Work order: Where does the word "State" show up in the data? Please find each such line and copy it.

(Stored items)

►

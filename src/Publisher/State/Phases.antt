-- ===== src/Publisher/State/Phases.antt =====
-- BroadcasterDeploymentPhase and `set_deployment_phase` of redis_publisher.rs.
use tycho_simulation_server.Base.{
  Option, List, [], ◌∷◌, Bool, true, false, not, ◌&&◌, ◌||◌, if◌then◌else◌, ◌≡◌, refl, sym, subst,
  Bool-cases, ◌⊎◌, inl, inr, arith,
}
use tycho_simulation_server.Publisher.Errors.{PublishError}

pub data DeploymentPhase : Type 0 where
  warming candidate_building promoting artifact_finalizing handoff_draining admitted_phase
        retired_phase fatal shutting_down :
      DeploymentPhase

unfoldable pub is_admitted : DeploymentPhase → Bool
is_admitted admitted_phase = true
is_admitted _ = false

unfoldable pub is_terminal : DeploymentPhase → Bool
is_terminal retired_phase = true
is_terminal fatal = true
is_terminal shutting_down = true
is_terminal _ = false

-- BroadcasterDeploymentAdmissionSnapshot
pub record Admission : Type 0 where
  pub admitted : Bool
  pub phase : DeploymentPhase
  pub last_error : Option PublishError

unfoldable pub new_admission : DeploymentPhase → Option PublishError → Admission
unfolding is_admitted
new_admission phase last_error = record {
  admitted = is_admitted phase;
  phase = phase;
  last_error = last_error;
}

unfoldable pub set_deployment_phase : DeploymentPhase → Option PublishError → Admission → Admission
unfolding is_terminal new_admission
set_deployment_phase phase last_error current =
    if is_terminal current.phase || (current.admitted && not (is_terminal phase))
    then current
    else new_admission phase last_error

-- Calls one after another.
unfoldable pub set_phases : List (DeploymentPhase × Option PublishError) → Admission → Admission
unfolding set_deployment_phase
set_phases [] current = current
set_phases ((phase, e) ∷ calls) current = set_phases calls (set_deployment_phase phase e current)

-- `admitted` says whether the phase is the admitted one.
abbrev pub IsConsistent : Admission → Type 0
IsConsistent a = a.admitted ≡ is_admitted a.phase

set_deployment_phase-IsConsistent :
    (phase : DeploymentPhase) (e : Option PublishError) (a : Admission)
    → IsConsistent a
    → IsConsistent (set_deployment_phase phase e a)
unfolding set_deployment_phase new_admission
set_deployment_phase-IsConsistent phase e a h = ground (arith, h)

set_phases-terminal :
    (calls : List (DeploymentPhase × Option PublishError)) (a : Admission)
    → is_terminal a.phase ≡ true
    → set_phases calls a ≡ a
unfolding set_phases set_deployment_phase
set_phases-terminal [] a h = refl
set_phases-terminal ((phase, e) ∷ calls) a h = rw h (set_phases-terminal calls a h)

stays_or_ends :
    (phase : DeploymentPhase) (e : Option PublishError) (a : Admission)
    → a.admitted ≡ true
    → (set_deployment_phase phase e a ≡ a)
      ⊎ (is_terminal (set_deployment_phase phase e a).phase ≡ true)
unfolding set_deployment_phase new_admission
stays_or_ends phase e a q = elim (Bool-cases (is_terminal phase)) [
  | inl r ↦ elim (Bool-cases (is_terminal a.phase)) [
    | inl t ↦ inl (rw t refl)
    | inr t ↦ inr (rw t (rw q (rw r r)))
  ]
  | inr r ↦ inl (rw q (rw r (ground arith)))
]

-- A deployment that reached a terminal phase keeps it, with its error, and one that was admitted
-- stays as it is until it gets to a terminal phase, whatever phases are set afterwards.
pub set_phases-keeps :
    (calls : List (DeploymentPhase × Option PublishError)) (a : Admission)
    → IsConsistent a
    → IsConsistent (set_phases calls a)
      × ((is_terminal a.phase ≡ true) → set_phases calls a ≡ a)
      × ((a.admitted ≡ true)
          → (set_phases calls a ≡ a) ⊎ (is_terminal (set_phases calls a).phase ≡ true))
unfolding set_phases
set_phases-keeps [] a h = (h, (λ _. refl), (λ _. inl refl))
set_phases-keeps ((phase, e) ∷ calls) a h =
    let (c, t, k) =
      set_phases-keeps calls (set_deployment_phase phase e a)
        (set_deployment_phase-IsConsistent phase e a h) in
    (
      c,
      (λ q. set_phases-terminal ((phase, e) ∷ calls) a q),
      (λ q. elim (stays_or_ends phase e a q) [
        | inl r ↦
            subst (λ x. (set_phases calls x ≡ a) ⊎ (is_terminal (set_phases calls x).phase ≡ true))
              (sym r) ((set_phases-keeps calls a h).2 q)
        | inr r ↦ inr (subst (λ x. is_terminal x.phase ≡ true) (sym (t r)) r)
      ]),
    )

◄

Exercise output:
filename src/Publisher/State/Phases.antt
-- ===== src/Publisher/State/Phases.antt =====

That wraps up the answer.